Текст книги "Дорогой мой человек"
Автор книги: Юрий Герман
Жанр: Литература 20 века, Классика
сообщить о неприемлемом содержимом
Текущая страница: 20 (всего у книги 43 страниц)
– Удивительно ты мне сейчас Варьку напомнила!
– Варьку? – со слабой и несчастной улыбкой растерянно сказала Алевтина. – Ужели? Да заходите же, пожалуйста, что это мы на крыльце…
На террасе пахло помойным ведром, кошками и холодным, прогорклым дымом. Это было свидетельством нищей жизни, и Аглая Петровна быстро поняла, что бывшая горничная господ Гоголевых не сделала карьеры, оставшись у немцев.
– Теперь вот что, – сказала Аглая, удерживая Алевтину за локоть. – Погодите! Тут никто не слышит?
Алевтина ответила, что здесь никто не слышит, и Аглая Петровна шепотом, но не торопясь объяснила ей, что ежели она боится, то Аглая немедленно же уйдет, а если нет («По моему мнению, вам бояться решительно нечего», – добавила она), то останется до случая, который непременно сыщется. От Алевтины Аглае ничего, разумеется, не нужно, ни во что она ее не запутает, но то, что они «подружки», зарегистрировано гестаповцами, и они нисколько не удивятся, если Аглая немного поживет у Степановой.
– О Господи! – счастливо вглядываясь в Аглаю Петровну Варькиными круглыми глазами, заговорила Алевтина. – Как же это вы можете так думать, что я испугаюсь? Я ведь даже там не испугалась, а у них страшнее было. Но это все потом, а сейчас пойдемте в комнату, вам же покушать надо и хоть чаю выпить, что ли. Невозможно же голодному человеку…
Они миновали темную захламленную прихожую и вошли в косую, об одно окошко, неприбранную комнату, в которой жила Алевтина. В неярком свете наступающих зимних сумерек Аглая Петровна разглядела «портрет кактуса», о котором не раз вспоминал Володя. Таинственное растение на портрете цвело: диковинный очень яркий цветок гордо распускался над кактусом – красавец, рожденный уродцем.

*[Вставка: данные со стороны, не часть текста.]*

-- ===== src/X402/Hops/Examples.antt =====
-- Requests that are refused and sent (tools/x402-bridge/mesh-control.ts), with a stand-in
-- for SHA-256.
use semantos_edge.Base.{
  ℕ, true, false, ◌%◌, ◌≡◌, refl, ◌⊎◌, none, some, List, [], ◌∷◌, length, replicate, arith,
}
use semantos_edge.Templog.Text.{codes}
use semantos_edge.X402.Hops.{
  Request, no_hops, inner_of, prepare_v1, after_all, Event, forward, bad_key, opened, failed,
  bad_trigger, sends,
}
use semantos_edge.X402.Hops.Named.{IsNamed, prepare_v1-IsNamed}

abbrev hash : List ℕ → List ℕ
hash bytes = (length bytes % 256) ∷ replicate 31 0

hash-long : (bytes : List ℕ) → length (hash bytes) ≡ 32
hash-long bytes = refl

abbrev refused : Request
refused = record {
  hop_verb = some 2;
  trigger = some (codes "knock");
  blink_ms = none;
  now = 1000;
  channel_id = replicate 16 1;
  cert_hash = none;
  certified = true;
}

abbrev wave : Request
wave = record refused { hop_verb = some 1; cert_hash = some (replicate 32 9) }

-- A channel that was opened after a cell, a request that is refused, and a cell with a bad key.
abbrev events : List Event
events = forward wave ∷ opened ∷ forward refused ∷ bad_key true ∷ []

prepare_v1-IsNamed_example :
    ((true ≡ false) × ((prepare_v1 hash wave (after_all hash events no_hops)).0 ≡ failed))
    ⊎ (((inner_of hash wave ≡ none)
          × ((prepare_v1 hash wave (after_all hash events no_hops)).0 ≡ bad_trigger))
        ⊎ ((v : List ℕ) × ((prepare_v1 hash wave (after_all hash events no_hops)).0 ≡ sends v)
            × IsNamed v 3))
prepare_v1-IsNamed_example = prepare_v1-IsNamed hash hash-long events wave (omega arith)
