-- ===== src/X402/Meter.antt =====
-- The books of `ChannelMeter` (tools/x402-bridge/meter.ts), and the radio and the clock that it
-- works with.
pub mod Frames
pub mod Session
pub mod Runs
pub mod Kept
pub mod Said
pub mod Books
pub mod Payments
mod Examples
use semantos_edge.Base.{
  Bool, ℕ, ◌+◌, max, Option, none, some, List, [], ◌∷◌, ◌++◌, Result, ok, thrown,
}
use semantos_edge.Base.Map.{Str}
use semantos_edge.X402.Bridge.{or_else}

-- The fields that do not change. The rate is in thousandths of a satoshi per second.
pub record MeterSettings : Type 0 where
  pub pub_key : List ℕ
  pub rate : ℕ
  pub reopen_every_ms : ℕ
  pub repeat : ℕ
  pub commit_repeat : ℕ
  pub in_flight_ms : ℕ

pub record MeterConfig : Type 0 where
  pub pub_key : List ℕ
  pub rate : Option ℕ
  pub reopen_every_ms : Option ℕ
  pub repeat : Option ℕ
  pub commit_repeat : Option ℕ
  pub in_flight_ms : Option ℕ

unfoldable pub meter_settings : MeterConfig → MeterSettings
meter_settings cfg = record {
  pub_key = cfg.pub_key;
  rate = or_else cfg.rate 1200;
  reopen_every_ms = or_else cfg.reopen_every_ms 10000;
  repeat = max 1 (or_else cfg.repeat 2);
  commit_repeat = max 1 (or_else cfg.commit_repeat 2);
  in_flight_ms = or_else cfg.in_flight_ms 2600;
}

pub record MeterState : Type 0 where
  pub channel_id_hex : Str
  pub seq : ℕ
  pub share : ℕ
  pub sats_paid : ℕ
  pub meter_start_at : Option ℕ

pub data FrameKind : Type 0 where
  open_channel commitment close_channel : FrameKind

-- A sealed cell, as what it is minted from.
pub record Frame : Type 0 where
  pub kind : FrameKind
  pub payload : List ℕ
  pub timestamp_ms : ℕ

-- What the injector does with a cell: it fails, it does not broadcast in time, it broadcasts.
pub data Air : Type 0 where
  broken unheard heard : Air

-- `tail` is the background repeats that the next operation waits for: they are run when it does.
-- `saved` is the state file, where the meter has one, and `sent` the cells that went to the injector.
-- `disk` is whether the coming writes of the state file succeed; those beyond its end do, as all do
-- where there is no file.
pub record Meter : Type 0 where
  pub state : MeterState
  pub last_open_at : Option ℕ
  pub tail : Option (Frame × ℕ)
  pub saved : MeterState
  pub disk : List Bool
  pub sent : List Frame
  -- how often the clock was read, and random bytes were drawn
  pub reads : ℕ
  pub draws : ℕ

-- A call on the meter: it returns or throws, and leaves the meter.
abbrev pub Run {ℓ} : Type ℓ → Type ℓ
Run A = Meter → Result A × Meter

abbrev pub and_then {ℓ κ} :
    {A : Type ℓ} {B : Type κ} → Result A × Meter → (A → Run B) → Result B × Meter
and_then (ok a, m) k = k a m
and_then (thrown, m) k = (thrown, m)

infixl 5 ◌>>=◌
unfoldable pub ◌>>=◌ {ℓ κ} : {A : Type ℓ} {B : Type κ} → Run A → (A → Run B) → Run B
(r >>= k) m = and_then (r m) k

unfoldable pub return {ℓ} : {A : Type ℓ} → A → Run A
return a m = (ok a, m)

unfoldable pub lift {ℓ} : {A : Type ℓ} → Result A → Run A
lift r m = (r, m)

abbrev pub Done : Type 0
Done = Unit

unfoldable pub modify : (Meter → Meter) → Run Done
modify f m = (ok tt, f m)

unfoldable pub ask {ℓ} : {A : Type ℓ} → (Meter → A) → Run A
ask f m = (ok (f m), m)
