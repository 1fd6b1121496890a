-- ===== src/X402/Meter/Frames.antt =====
-- The payloads and the cells of `ChannelMeter` (tools/x402-bridge/meter.ts).
use semantos_edge.Base.{ℕ, ◌*◌, List, replicate, take, Result, ok, ◌>>=◌}
use semantos_edge.Base.Map.{Str}
use semantos_edge.Base.Bytes.{set_at}
use semantos_edge.Templog.Text.{codes, from_hex}
use semantos_edge.Cell.Words.{write_u32, write_u64}
use semantos_edge.Cell.Wire.{mint_cell, type_hash}
use semantos_edge.Cell.Domains.{domain_for_type}
use semantos_edge.X402.Meter.{FrameKind, open_channel, commitment, close_channel, Frame}

-- CAPACITY and EXPIRY_MS
abbrev pub capacity : ℕ
capacity = 1000000

abbrev pub expiry_ms : ℕ
expiry_ms = 7 * 24 * 3600000

unfoldable pub encode_open : List ℕ → Str → ℕ → Result (List ℕ)
encode_open pub_key channel_id_hex now = do
  b ← set_at (replicate 61 0) 0 (from_hex channel_id_hex)
  b ← set_at b 16 pub_key
  ok (write_u32 (write_u64 b 49 now) 57 capacity)

unfoldable pub encode_commitment : Str → ℕ → ℕ → Result (List ℕ)
encode_commitment channel_id_hex seq share = do
  b ← set_at (replicate 68 0) 0 (from_hex channel_id_hex)
  ok (write_u64 (write_u32 (write_u32 (write_u32 b 16 seq) 20 share) 24 0) 28 expiry_ms)

unfoldable pub encode_close : Str → ℕ → ℕ → Result (List ℕ)
encode_close channel_id_hex seq share = do
  b ← set_at (replicate 24 0) 0 (from_hex channel_id_hex)
  ok (write_u32 (write_u32 b 16 seq) 20 share)

-- OPEN_TYPE, COMMITMENT_TYPE and CLOSE_TYPE
abbrev pub type_name : FrameKind → Str
type_name open_channel = codes "cellmesh.channel_open.v0"
type_name commitment = codes "cellmesh.channel_commitment.v0"
type_name close_channel = codes "cellmesh.channel_close.v0"

-- SHA-256 and the signature of a cell are parameters.
module _ (sha256 : List ℕ → List ℕ) (sign_cell : List ℕ → List ℕ) where
  -- The cell of `seal` and its signature.
  unfoldable pub sealed_cell : List ℕ → Frame → Result (List ℕ × List ℕ)
  sealed_cell pub_key f = do
    let type = type_hash sha256 (type_name f.kind)
    domain ← domain_for_type sha256 type
    cell ← mint_cell sha256 type f.payload (take 16 pub_key) f.timestamp_ms domain
    ok (cell, sign_cell cell)
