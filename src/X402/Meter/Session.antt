-- ===== src/X402/Meter/Session.antt =====
-- The operations of `ChannelMeter` (tools/x402-bridge/meter.ts).
use semantos_edge.Base.{
  ℕ, zero, suc, ◌+◌, ◌-◌, ◌*◌, ◌/◌, max, Bool, true, false, ◌||◌, Option, none, some, List, [], ◌∷◌,
  ◌++◌, ltb, leb, if◌then◌else◌, Result, ok, thrown, length,
}
use semantos_edge.Base.Map.{Str}
use semantos_edge.X402.Meter.{
  MeterSettings, MeterState, Meter, FrameKind, open_channel, commitment, close_channel, Frame, Air,
  broken, unheard, heard, Run, ◌>>=◌, return, lift, Done, modify, ask,
}
use semantos_edge.X402.Meter.Frames.{encode_open, encode_commitment, encode_close, sealed_cell}

-- What a meter starts with: the state of the file, or a channel with the id that is drawn.
abbrev pub fresh_state : Str → ℕ → MeterState
fresh_state id sats_paid = record {
  channel_id_hex = id;
  seq = 0;
  share = 0;
  sats_paid = sats_paid;
  meter_start_at = none;
}

-- consumedAt in millionths of a satoshi: milliseconds times thousandths per second
unfoldable pub consumed_at : ℕ → MeterState → ℕ → ℕ
consumed_at rate s t = elim s.meter_start_at [ none ↦ 0 | some from ↦ (t - from) * rate ]

-- Math.ceil of millionths
abbrev pub whole_sats : ℕ → ℕ
whole_sats millionths = (millionths + 999999) / 1000000

pub record MeterStatus : Type 0 where
  pub channel_id : Str
  pub seq : ℕ
  pub share : ℕ
  pub sats_paid : ℕ
  -- tenths of a second
  pub seconds_left : ℕ
  pub lit : Bool

-- Math.round of tenths: millionths left, of `100 * rate` millionths in a tenth of a second
abbrev pub tenths_of : ℕ → ℕ → ℕ
tenths_of rate millionths = (2 * millionths + 100 * rate) / (200 * rate)

unfoldable pub status_at : ℕ → MeterState → ℕ → MeterStatus
status_at rate s t =
    let left = s.share * 1000000 - consumed_at rate s t in
    record {
      channel_id = s.channel_id_hex;
      seq = s.seq;
      share = s.share;
      sats_paid = s.sats_paid;
      seconds_left = tenths_of rate left;
      lit = ltb 0 left;
    }

-- { ok, secondsAdded, secondsLeft, error }
pub data Added : Type 0 where
  lit_for : ℕ → ℕ → Added
  not_broadcast : ℕ → Added

-- writeFileSync and renameSync, either of which may throw
unfoldable pub saved_by : List Bool → Run Done
saved_by [] m = (ok tt, record m { saved = m.state })
saved_by (true ∷ d) m = (ok tt, record m { saved = m.state; disk = d })
saved_by (false ∷ d) m = (thrown, record m { disk = d })

-- The clock by the number of the reading, the injector by the number of the cell, and the random
-- channel ids by the number of the draw; SHA-256 and the signature of a cell.
module _ (sha256 : List ℕ → List ℕ) (sign_cell : List ℕ → List ℕ) (clock : ℕ → ℕ) (air : ℕ → Air)
    (random_id : ℕ → Str) (cfg : MeterSettings) where
  unfoldable pub now : Run ℕ
  now m = (ok (clock m.reads), record m { reads = m.reads + 1 })

  unfoldable pub save : Run Done
  save m = saved_by m.disk m

  heard_of : Air → Result Bool
  heard_of broken = thrown
  heard_of unheard = ok false
  heard_of heard = ok true

  unfoldable pub broadcast : Frame → Run Bool
  unfolding heard_of
  broadcast f m = (heard_of (air (length m.sent)), record m { sent = m.sent ++ (f ∷ []) })

  -- The cell is made before anything is broadcast.
  unfoldable pub seal : FrameKind → List ℕ → Run Frame
  seal kind payload = do
    at ← now
    let f : Frame = record { kind = kind; payload = payload; timestamp_ms = at }
    cell ← lift (sealed_cell sha256 sign_cell cfg.pub_key f)
    return f

  unfoldable pub copies : ℕ → Frame → Bool → Run Bool
  copies zero f any = return any
  copies (suc n) f any = do went ← broadcast f; copies n f (went || any)

  unfoldable pub send : FrameKind → List ℕ → ℕ → Run Bool
  send kind payload times = do f ← seal kind payload; copies times f false

  unfoldable pub send_open : ℕ → Run Bool
  send_open times = do
    at ← now
    id ← ask (λ m. m.state.channel_id_hex)
    payload ← lift (encode_open cfg.pub_key id at)
    went ← send open_channel payload times
    if went
        then (do t ← now; ignored ← modify (λ m. record m { last_open_at = some t }); return went)
        else return went

  -- The repeats of the last commitment, whose failure is caught.
  unfoldable pub flush : Run Done
  flush m = elim m.tail [
    | none ↦ (ok tt, m)
    | some (f, n) ↦ (ok tt, record (copies n f false m).1 { tail = none })
  ]

  -- The last commitment and the end of the channel, if there was one.
  unfoldable pub end_channel : Run Done
  end_channel = do
    s ← ask (λ m. m.state)
    if ltb 0 s.seq
        then (do
          last ← lift (encode_commitment s.channel_id_hex s.seq s.share)
          ignored ← send commitment last 1
          end ← lift (encode_close s.channel_id_hex s.seq s.share)
          ignored ← send close_channel end cfg.repeat
          return tt)
        else return tt

  unfoldable pub draw : Run Str
  draw m = (ok (random_id m.draws), record m { draws = m.draws + 1 })

  unfoldable pub new_session : Run Bool
  new_session = do
    ignored ← end_channel
    id ← draw
    ignored ← modify (λ m. record m { state = fresh_state id m.state.sats_paid })
    ignored ← save
    send_open cfg.repeat

  unfoldable pub start : Run Bool
  start = do
    ignored ← flush
    seq ← ask (λ m. m.state.seq)
    if ltb 0 seq then new_session else send_open cfg.repeat

  -- this.state.seq > 0 && this.consumedAt(this.now()) >= this.state.share
  unfoldable pub is_dark : Run Bool
  is_dark = do
    s ← ask (λ m. m.state)
    if ltb 0 s.seq
        then (do t ← now; return (leb (s.share * 1000000) (consumed_at cfg.rate s t)))
        else return false

  -- this.lastOpenAt === null || this.now() - this.lastOpenAt > this.reopenEveryMs
  unfoldable pub reopens : Run Bool
  reopens = do
    last ← ask (λ m. m.last_open_at)
    elim last [
      | none ↦ return true
      | some at ↦ (do t ← now; return (ltb (at + cfg.reopen_every_ms) t))
    ]

  -- The channel that a payment is after_commit in.
  unfoldable pub prepare : Run Bool
  prepare = do
    dark ← is_dark
    if dark then new_session else (do again ← reopens; if again then send_open 1 else return true)

  -- The share that `sats` more are after_commit as: they start from what the chip will have consumed
  -- when the commitment lands.
  unfoldable pub next_share : MeterState → ℕ → ℕ → ℕ
  next_share s at sats =
      max s.share (whole_sats (consumed_at cfg.rate s (at + cfg.in_flight_ms))) + sats

  -- What a commitment that was broadcast changes.
  unfoldable pub settle : Frame → ℕ → ℕ → Run Done
  settle f share sats = do
    s ← ask (λ m. m.state)
    from ← elim s.meter_start_at [ none ↦ (do t ← now; return (some t)) | some t ↦ return (some t) ]
    ignored ← modify (λ m. record m {
      state = record m.state {
        seq = m.state.seq + 1;
        share = share;
        sats_paid = m.state.sats_paid + sats;
        meter_start_at = from;
      };
    })
    ignored ← save
    modify (λ m. record m {
      tail = if ltb 1 cfg.commit_repeat then some (f, cfg.commit_repeat - 1) else m.tail;
    })

  -- The commitment, and whether the injector broadcast it.
  unfoldable pub commit : ℕ → Run Bool
  commit sats = do
    at ← now
    s ← ask (λ m. m.state)
    let share = next_share s at sats
    payload ← lift (encode_commitment s.channel_id_hex (s.seq + 1) share)
    f ← seal commitment payload
    went ← broadcast f
    if went then (do ignored ← settle f share sats; return went) else return went

  unfoldable pub status : Run MeterStatus
  status = do t ← now; ask (λ m. status_at cfg.rate m.state t)

  -- One call, while no other is on its way: the repeats of the one before are waited for by `flush`.
  unfoldable pub add_sats : ℕ → Run Added
  add_sats sats = do
    ignored ← flush
    ignored ← prepare
    went ← commit sats
    left ← status
    return (
        if went
        then lit_for ((20000 * sats + cfg.rate) / (2 * cfg.rate)) left.seconds_left
        else not_broadcast left.seconds_left)

  -- The constructor, with the state that `load` found, if it did.
  unfoldable pub new_meter : Option MeterState → List Bool → Meter
  new_meter loaded disk =
      let state : MeterState = elim loaded [ none ↦ fresh_state (random_id 0) 0 | some s ↦ s ] in
      record {
        state = state;
        last_open_at = none;
        tail = none;
        saved = state;
        disk = disk;
        sent = [];
        reads = 0;
        draws = elim loaded [ none ↦ 1 | some s ↦ 0 ];
      }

– Худо у меня тут, – неловко прибирая плохо выстиранное и неглаженое белье, сказала Алевтина. – Так устаю, что ни до чего руки не доходят…
Руки, видимо, и вправду ни до чего не доходили: постель была разбросана, на столе, в груде уже почерневшей картофельной шелухи, лежали несколько печеных картофелин, валялись корки, отсыревшая соль была насыпана в консервную жестянку. В блюдечке виднелось совсем немножко подсолнечного масла, и пахло тут плохим табаком и густо немецкой дезинфицирующей жидкостью.
– Это все они, сволочи! – кивнув на стенку, за которой, должно быть, квартировали гитлеровцы, зло пожаловалась Алевтина. – Поливают и поливают из насосов, избрызгали весь дом, а у нас сроду клопы не водились…
Она перехватила взгляд Аглаи Петровны, которая рассматривала выставленные на комоде фотографии Женьки – студентом, Варвары с косичками, закрученными рожками над ушами, и Родиона Мефодиевича в штатском, и совсем испуганно попросила:
– Вы не сердитесь, что и Родион здесь. Это ничего не означает. Просто… у всех семьи есть. Или… были… А я перед ним столько виновата, что не описать, и вот отыскалось это фото…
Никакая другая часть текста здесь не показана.